-- RECORD EXTRACTS follows --

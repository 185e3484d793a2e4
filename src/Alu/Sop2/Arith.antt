-- ===== src/Alu/Sop2/Arith.antt =====
-- alu_sop2.cpp: sums, differences and products. Signed overflow, undefined in C++, wraps.
use red_o_lator.Base.{
  ℕ, ◌+◌, ◌*◌, ◌^◌, ◌&&◌, not, u32, u64, ◌>>>◌, wrap_sub, of_int, to_int, i32, i64, ℤ, ◌-ℤ◌, ◌*ℤ◌,
  abs, floor_div, get_bit, ◌!=◌, to_nat, same, bit_and, ◌<<<◌, leb,
}
use red_o_lator.Wavefront.States.{WfStateSop2}

-- The value of `int` arithmetic, and of `int64_t` arithmetic.
abbrev pub wrap32 : ℤ → ℤ
wrap32 z = to_int 32 (of_int 32 z)

abbrev pub wrap64 : ℤ → ℤ
wrap64 z = to_int 64 (of_int 64 z)

unfoldable pub run_s_absdiff_i32 : WfStateSop2 → WfStateSop2
unfolding abs ◌-ℤ◌
run_s_absdiff_i32 state =
    let difference = wrap32 (i32 state.ssrc0 -ℤ i32 state.ssrc1) in
    let sdst = of_int 64 (wrap32 (abs difference)) in record state { sdst = sdst; scc = sdst != 0 }

unfoldable pub run_s_addc_u32 : WfStateSop2 → WfStateSop2
run_s_addc_u32 state =
    let temp = u64 (state.ssrc0 + state.ssrc1 + to_nat state.scc) in
    record state { sdst = temp; scc = temp >>> 32 != 0 }

unfoldable pub run_s_add_i32 : WfStateSop2 → WfStateSop2
unfolding get_bit
run_s_add_i32 state =
    let sdst = u64 (state.ssrc0 + state.ssrc1) in
    record state {
      sdst = sdst;
      scc =
          same (get_bit 31 state.ssrc0) (get_bit 31 state.ssrc1)
          && not (same (get_bit 31 state.ssrc1) (get_bit 31 sdst));
    }

unfoldable pub run_s_add_u32 : WfStateSop2 → WfStateSop2
run_s_add_u32 state =
    let sdst = u64 (state.ssrc0 + state.ssrc1) in
    record state { sdst = sdst; scc = sdst >>> 32 != 0 }

unfoldable pub run_s_lshl_n_add_u32 : WfStateSop2 → ℕ → WfStateSop2
run_s_lshl_n_add_u32 state n =
    let temp = u64 (u64 (state.ssrc0 <<< n) + state.ssrc1) in
    record state { sdst = bit_and temp 0xffffffff; scc = leb (u64 (1 <<< 32)) temp }

unfoldable pub run_s_lshl1_add_u32 : WfStateSop2 → WfStateSop2
unfolding run_s_lshl_n_add_u32
run_s_lshl1_add_u32 state = run_s_lshl_n_add_u32 state 1

unfoldable pub run_s_lshl2_add_u32 : WfStateSop2 → WfStateSop2
unfolding run_s_lshl_n_add_u32
run_s_lshl2_add_u32 state = run_s_lshl_n_add_u32 state 2

unfoldable pub run_s_lshl3_add_u32 : WfStateSop2 → WfStateSop2
unfolding run_s_lshl_n_add_u32
run_s_lshl3_add_u32 state = run_s_lshl_n_add_u32 state 3

unfoldable pub run_s_lshl4_add_u32 : WfStateSop2 → WfStateSop2
unfolding run_s_lshl_n_add_u32
run_s_lshl4_add_u32 state = run_s_lshl_n_add_u32 state 4

unfoldable pub run_s_mul_hi_i32 : WfStateSop2 → WfStateSop2
unfolding ◌*ℤ◌ floor_div
run_s_mul_hi_i32 state = record state {
  sdst = of_int 64 (floor_div (wrap64 (i64 state.ssrc0 *ℤ i32 state.ssrc1)) (2 ^ 32));
}

unfoldable pub run_s_mul_hi_u32 : WfStateSop2 → WfStateSop2
run_s_mul_hi_u32 state = record state { sdst = u64 (state.ssrc0 * state.ssrc1) >>> 32 }

unfoldable pub run_s_mul_i32 : WfStateSop2 → WfStateSop2
run_s_mul_i32 state = record state { sdst = of_int 64 (i32 (u64 (state.ssrc0 * state.ssrc1))) }

unfoldable pub run_s_subb_u32 : WfStateSop2 → WfStateSop2
run_s_subb_u32 state =
    let temp = wrap_sub 64 (wrap_sub 64 state.ssrc0 state.ssrc1) (to_nat state.scc) in
    record state { sdst = temp; scc = bit_and (temp >>> 32) 1 != 0 }

unfoldable pub run_s_sub_i32 : WfStateSop2 → WfStateSop2
unfolding get_bit ◌-ℤ◌
run_s_sub_i32 state =
    let sdst = of_int 64 (wrap32 (i32 state.ssrc0 -ℤ i32 state.ssrc1)) in
    record state {
      sdst = sdst;
      scc =
          not (same (get_bit 31 (u32 state.ssrc0)) (get_bit 31 (u32 state.ssrc1)))
          && not (same (get_bit 31 (u32 state.ssrc0)) (get_bit 31 (u32 sdst)));
    }

unfoldable pub run_s_sub_u32 : WfStateSop2 → WfStateSop2
run_s_sub_u32 state =
    let temp = wrap_sub 64 state.ssrc0 state.ssrc1 in
    record state { sdst = temp; scc = temp >>> 32 != 0 }
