-- ===== src/Alu/Sop2/Compare.antt =====
-- alu_sop2.cpp: maxima, minima and selection.
use red_o_lator.Base.{u32, of_int, i32, max_ℤ, min_ℤ, ltb_ℤ, ltb, if◌then◌else◌}
use red_o_lator.Wavefront.States.{WfStateSop2}

unfoldable pub run_s_cselect_b32 : WfStateSop2 → WfStateSop2
run_s_cselect_b32 state = record state { sdst = if state.scc then state.ssrc0 else state.ssrc1 }

unfoldable pub run_s_cselect_b64 : WfStateSop2 → WfStateSop2
run_s_cselect_b64 state = record state { sdst = if state.scc then state.ssrc0 else state.ssrc1 }

unfoldable pub run_s_max_i32 : WfStateSop2 → WfStateSop2
run_s_max_i32 state =
    let src0 = i32 state.ssrc0 in
    let src1 = i32 state.ssrc1 in
    record state { sdst = of_int 64 (max_ℤ src0 src1); scc = ltb_ℤ src1 src0 }

unfoldable pub run_s_max_u32 : WfStateSop2 → WfStateSop2
run_s_max_u32 state =
    let src0 = u32 state.ssrc0 in
    let src1 = u32 state.ssrc1 in
    record state { sdst = if ltb src0 src1 then src1 else src0; scc = ltb src1 src0 }

unfoldable pub run_s_min_i32 : WfStateSop2 → WfStateSop2
run_s_min_i32 state =
    let src0 = i32 state.ssrc0 in
    let src1 = i32 state.ssrc1 in
    record state { sdst = of_int 64 (min_ℤ src0 src1); scc = ltb_ℤ src0 src1 }

unfoldable pub run_s_min_u32 : WfStateSop2 → WfStateSop2
run_s_min_u32 state =
    let src0 = u32 state.ssrc0 in
    let src1 = u32 state.ssrc1 in
    record state { sdst = if ltb src1 src0 then src1 else src0; scc = ltb src0 src1 }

-- RECORD EXTRACTS concluded --

WHAT THIS TASK INVOLVES: Scan the listing above and identify each line holding the string "Base"; copy every such line.

ANSWER BELOW:
use red_o_lator.Base.{
use red_o_lator.Base.{u32, of_int, i32, max_ℤ, min_ℤ, ltb_ℤ, ltb, if◌then◌else◌}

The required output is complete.